Beenden möchte ich meine Ausführungen mit einem Kommentar eines jungen Familienvaters in einem NDRBeitrag zur Einführung der Geschwisterkindregelung. Der junge Vater mit dem Namen Malte schrieb, Zitat: „Wir haben drei Kinder, zwei in der Kita und bald das dritte Kind in der Krippe. Wir freuen uns darauf, nur noch für ein Kind zu zahlen, dann können wir uns als Familie mal wieder etwas mehr leisten, zum Beispiel ein neues Fahrrad für den Großen oder eine Woche mehr Urlaub zusammen.“ – Herzlichen Dank.
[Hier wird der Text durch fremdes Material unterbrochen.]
-- ===== src/Ingest/Counts.antt =====
-- The counts of `Ingest` (internal/ingest/service.go).
use traceboard.Prelude.{
  ℕ, ◌+◌, ◌-◌, Option, none, some, List, [], ◌∷◌, ◌≡◌, refl, sym, ap, ◌∙◌, arith, length, take,
  length-take,
}
use traceboard.Event.{Event, Instant}
use traceboard.Platform.{Platform}
use traceboard.Store.{Db, Result, ok, err}
use traceboard.Store.Insert.{InsertResult, insert_events}
use traceboard.Store.Consistent.Batches.{insert_events_total}
use traceboard.Ingest.Setup.{Service, Tools}
use traceboard.Ingest.Prepare.{prepare}
use traceboard.Ingest.{
  IngestResult, PreparedBatch, add_prepared, prepare_batch, report, store_batch, ingest,
}

abbrev pub counted : IngestResult → ℕ
counted r = r.accepted + r.duplicate + r.quarantined + r.dropped

module _ (platform : Platform) (tools : Tools) (service : Service) where
  add_prepared_total :
      (prepared : Option Event) (b : PreparedBatch)
      → length (add_prepared prepared b).events + (add_prepared prepared b).dropped
        ≡ (length b.events + b.dropped) + 1
  unfolding add_prepared
  add_prepared_total none b = omega arith
  add_prepared_total (some e) b = omega arith

  prepare_batch_total :
      (clock : ℕ → Instant) (n : ℕ) (batch : List Event)
      → length (prepare_batch platform tools service clock n batch).events
          + (prepare_batch platform tools service clock n batch).dropped
        ≡ length batch
  unfolding prepare_batch
  prepare_batch_total clock n [] = refl
  prepare_batch_total clock n (input ∷ rest) = omega (
    arith,
    add_prepared_total (prepare platform tools service (clock n) input)
        (prepare_batch platform tools service clock (n + 1) rest),
    prepare_batch_total clock (n + 1) rest,
  )

  report_total :
      (dropped : ℕ) (b : PreparedBatch) (answer : Result InsertResult)
      → ((r : InsertResult)
          → answer ≡ ok r
          → r.accepted + r.duplicate + r.quarantined ≡ length b.events)
      → counted (report platform tools service dropped b answer).0
        ≡ dropped + b.dropped + length b.events
  unfolding report
  report_total dropped b (ok r) h = omega (arith, h r refl)
  report_total dropped b (err e) h = omega arith

  store_batch_total :
      (clock : ℕ → Instant) (dropped : ℕ) (b : PreparedBatch) (events : List Event) (db : Db)
      → events ≡ b.events
      → counted (store_batch platform tools service clock dropped b events db).0.0
        ≡ dropped + b.dropped + length b.events
  unfolding store_batch
  store_batch_total clock dropped b [] db h =
      let none_left : length b.events ≡ 0 = ap length (sym h) in omega (arith, none_left)
  store_batch_total clock dropped b (e ∷ rest) db h =
      report_total dropped b (insert_events platform clock (e ∷ rest) db).0
        (λ r q. insert_events_total platform clock (e ∷ rest) db r q ∙ ap length h)

  -- Every event of a batch is counted exactly once by `Ingest`, be it longer than the limit, and
  -- whether the store succeeds or fails: accepted, duplicate, quarantined and dropped add up to
  -- the length of the batch.
  pub ingest_total :
      (clock store_clock : ℕ → Instant) (batch : List Event) (db : Db)
      → counted (ingest platform tools service clock store_clock batch db).0.0 ≡ length batch
  unfolding ingest
  ingest_total clock store_clock batch db =
      let limit = service.limits.max_events_per_batch in
      let b = prepare_batch platform tools service clock 0 (take limit batch) in
      omega (
        arith,
        store_batch_total store_clock (length batch - limit) b b.events db refl,
        prepare_batch_total clock 0 (take limit batch),
        length-take limit batch,
      )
(Beifall vonseiten der Fraktion der SPD – Simone Oldenburg, DIE LINKE: Na hoffentlich ist Malte dann noch bei seiner Familie!)

Vielen Dank, Frau Ministerin.

Die Ministerin hat die angemeldete Redezeit um vier Minuten überschritten. Damit stehen nach Paragraf 85 Absatz 1 unserer Geschäftsordnung diese Minuten den nicht an der Regierung beteiligten Fraktionen zusätzlich zur Verfügung.

Ich rufe auf für die Fraktion der AfD den Abgeordneten Herrn de Jesus Fernandes.

(Christian Brade, SPD: Der Familienexperte.)

Sehr geehrtes Präsidium! Werte Abgeordnete!

Sehr geehrter Herr Brade, auch Homosexuelle haben Familie. Sie gehen aus der Familie hervor, das wissen Sie doch, also bitte nicht solche abfälligen Bemerkungen! Das passt überhaupt nicht zu Ihrer Partei, denke ich, oder?

(Beifall vonseiten der Fraktion der AfD)

Also ich will das vielleicht mal als Vorwort bewerten, aber ursprünglich fängt man eigentlich immer mit der Begrüßung des Präsidiums an.

(allgemeine Unruhe – Simone Oldenburg, DIE LINKE: Hat er!)

Haben Sie gemacht? Super! Dann habe ich das nicht gehört. Dann war ich jetzt so überrascht.

Wir haben kurze Ausführungen gehört von Herrn Koplin zu dem Vorgehen mit diesem Gesetzentwurf, wie er auf den Weg gebracht wurde. Wir hatten zwei Anhörungen zu dieser KiföGÄnderung. In der ersten ging es ums Zähneputzen. Damals bestand große Einmütigkeit, dass wir das übernehmen. Frau Drese verkündete noch am selben Tag, dass sie das in ihren Gesetzentwurf aufnehmen wird, wir brauchen uns darüber keine Gedanken zu machen. Dem war aber nicht so, das möchte ich hier noch mal erwähnen. Wir mussten einen Änderungsantrag schreiben. Unsere Änderungsanträge gingen übrigens fristgerecht ein im Sozialausschuss. Wir wurden mit Tischvorlagen konfrontiert von allen anderen Fraktionen, die sich beim Kopieren reichlich an unseren Anträgen bedient hatten. Also bringt die Arbeit der Opposition ja doch was,

(Heiterkeit vonseiten der Fraktion der SPD – Beifall vonseiten der Fraktion der AfD)

sodass jetzt endlich das Zähneputzen aufgrund unseres Vorstoßes da noch drinsteht. Dafür vielen Dank.